WHAT YOU NEED TO DO ▸ Using the records below, write out again exactly the lines that begin at the line containing "let there = found_there id s x e in" and end at the line containing "refl), λ x h. cc)", and no other lines.

SOURCE DATA ▸
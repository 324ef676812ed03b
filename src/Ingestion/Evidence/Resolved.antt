-- ===== src/Ingestion/Evidence/Resolved.antt =====
-- The restaurant that a review is resolved to.
use mathlib.Core.Option.{some-injective}
use khaabo.Prelude.{
  ℕ, ◌≡◌, refl, inl, inr, true, Option, some, List, String, any, arith, str_eq, Bool-cases,
  Option-cases, ◌==◌, find_found, any-of_find,
}
use khaabo.Float.{Float}
use khaabo.Store.{Restaurant}
use khaabo.EntityResolution.{CandidateRestaurant, ResolutionResult, non_empty}
use khaabo.Ingestion.Model.{RawReview, City, Ingest, Texts}
use khaabo.Ingestion.Mentions.{resolve_mention}
use khaabo.Ingestion.Places.{find_restaurant, add_alias}
use khaabo.Ingestion.Places.Upsert.{record_conflict}
use khaabo.Ingestion.Evidence.{
  resolve_review_restaurant, hint_resolved, hint_matched, named_in_text, certain_id, needs_review,
}

module _ {F : Type 0} where
  -- The reviews, their sources and the restaurants.
  abbrev pub SameEvidence : Ingest F → Ingest F → Type 0
  SameEvidence s t =
      (t.work.reviews ≡ s.work.reviews)
      × (t.work.review_sources ≡ s.work.review_sources)
      × (t.work.restaurants ≡ s.work.restaurants)
      × (t.work.next_id ≡ s.work.next_id)

  -- A restaurant that is resolved is one of the session's, and nothing but aliases and conflicts is
  -- added on the way.
  abbrev pub IsResolved : Ingest F → Option (Restaurant F) × Ingest F → Type 0
  IsResolved s q =
      SameEvidence s q.1
      × ((r : Restaurant F) → q.0 ≡ some r → any (λ x. x.id == r.id) s.work.restaurants ≡ true)

module _ {F : Type 0} ⦃f : Float F⦄ (texts : Texts F) where
  add_alias-SameEvidence :
      (id : ℕ) (name : String) (raw : RawReview F) (s : Ingest F)
      → SameEvidence s (add_alias texts id name raw.source s)
  unfolding add_alias
  add_alias-SameEvidence id name raw s = ground arith

  found_there :
      (id : ℕ) (s : Ingest F) (r : Restaurant F)
      → find_restaurant id s.work ≡ some r
      → any (λ x. x.id == r.id) s.work.restaurants ≡ true
  found_there id s r h =
      let same : r.id ≡ id = ground (arith, find_found (λ x. x.id == id) s.work.restaurants r h) in
      rw same (any-of_find (λ x. x.id == id) s.work.restaurants r h)

  named_in_text-IsResolved :
      (candidates : List (CandidateRestaurant F)) (body : String) (s : Ingest F)
      → IsResolved s (named_in_text texts candidates body s)
  unfolding named_in_text
  named_in_text-IsResolved candidates body s =
      elim (Option-cases (resolve_mention texts body candidates)) [
        | inl e ↦ rw (e, named_in_text) ((refl, refl, refl, refl), λ r h. cc)
        | inr (m, e) ↦
            rw (e, named_in_text)
              ((refl, refl, refl, refl), λ r h. found_there (texts.id_of m.0) s r h)
      ]

  hint_matched-IsResolved :
      (raw : RawReview F) (hint : String) (id : ℕ) (s : Ingest F)
      → IsResolved s (hint_matched texts raw hint id s)
  unfolding hint_matched
  hint_matched-IsResolved raw hint id s = elim (Option-cases (find_restaurant id s.work)) [
    | inl e ↦ rw (e, hint_matched) ((refl, refl, refl, refl), λ r h. cc)
    | inr (x, e) ↦
        let there = found_there id s x e in
        elim (Bool-cases (str_eq (texts.resolver.normalize_name hint) x.normalized_name)) [
          | inl d ↦
              rw (e, d, hint_matched)
                ((refl, refl, refl, refl), λ r h. rw (← some-injective _ _ h) there)
          | inr d ↦
              rw (e, d, hint_matched)
                (add_alias-SameEvidence x.id hint raw s, λ r h. rw (← some-injective _ _ h) there)
        ]
  ]

  hint_resolved-IsResolved :
      (city : City) (raw : RawReview F) (hint : String) (candidates : List (CandidateRestaurant F))
      (body : String) (r : ResolutionResult F) (s : Ingest F)
      → IsResolved s (hint_resolved texts city raw hint candidates body r s)
  unfolding hint_resolved record_conflict
  hint_resolved-IsResolved city raw hint candidates body r s = elim (Option-cases (certain_id r)) [
    | inr (id, e) ↦ rw (e, hint_resolved) (hint_matched-IsResolved raw hint (texts.id_of id) s)
    | inl e ↦ elim (Bool-cases (needs_review r)) [
      | inl d ↦ rw (e, d, hint_resolved) ((refl, refl, refl, refl), λ x h. cc)
      | inr d ↦ rw (e, d, hint_resolved) (named_in_text-IsResolved candidates body s)
    ]
  ]

  pub resolve_review_restaurant-IsResolved :
      (city : City) (raw : RawReview F) (candidates : List (CandidateRestaurant F)) (body : String)
      (s : Ingest F)
      → IsResolved s (resolve_review_restaurant texts city raw candidates body s)
  unfolding resolve_review_restaurant
  resolve_review_restaurant-IsResolved city raw candidates body s =
      elim (Option-cases (non_empty raw.restaurant_hint)) [
        | inl e ↦ rw (e, resolve_review_restaurant) (named_in_text-IsResolved candidates body s)
        | inr (hint, e) ↦
            rw (e, resolve_review_restaurant)
              (hint_resolved-IsResolved city raw hint candidates body _ s)
      ]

TASK ANSWER ▸
        let there = found_there id s x e in
        elim (Bool-cases (str_eq (texts.resolver.normalize_name hint) x.normalized_name)) [
          | inl d ↦
              rw (e, d, hint_matched)
                ((refl, refl, refl, refl), λ r h. rw (← some-injective _ _ h) there)
          | inr d ↦
              rw (e, d, hint_matched)
                (add_alias-SameEvidence x.id hint raw s, λ r h. rw (← some-injective _ _ h) there)
        ]
  ]

  hint_resolved-IsResolved :
      (city : City) (raw : RawReview F) (hint : String) (candidates : List (CandidateRestaurant F))
      (body : String) (r : ResolutionResult F) (s : Ingest F)
      → IsResolved s (hint_resolved texts city raw hint candidates body r s)
  unfolding hint_resolved record_conflict
  hint_resolved-IsResolved city raw hint candidates body r s = elim (Option-cases (certain_id r)) [
    | inr (id, e) ↦ rw (e, hint_resolved) (hint_matched-IsResolved raw hint (texts.id_of id) s)
    | inl e ↦ elim (Bool-cases (needs_review r)) [
      | inl d ↦ rw (e, d, hint_resolved) ((refl, refl, refl, refl), λ x h. cc)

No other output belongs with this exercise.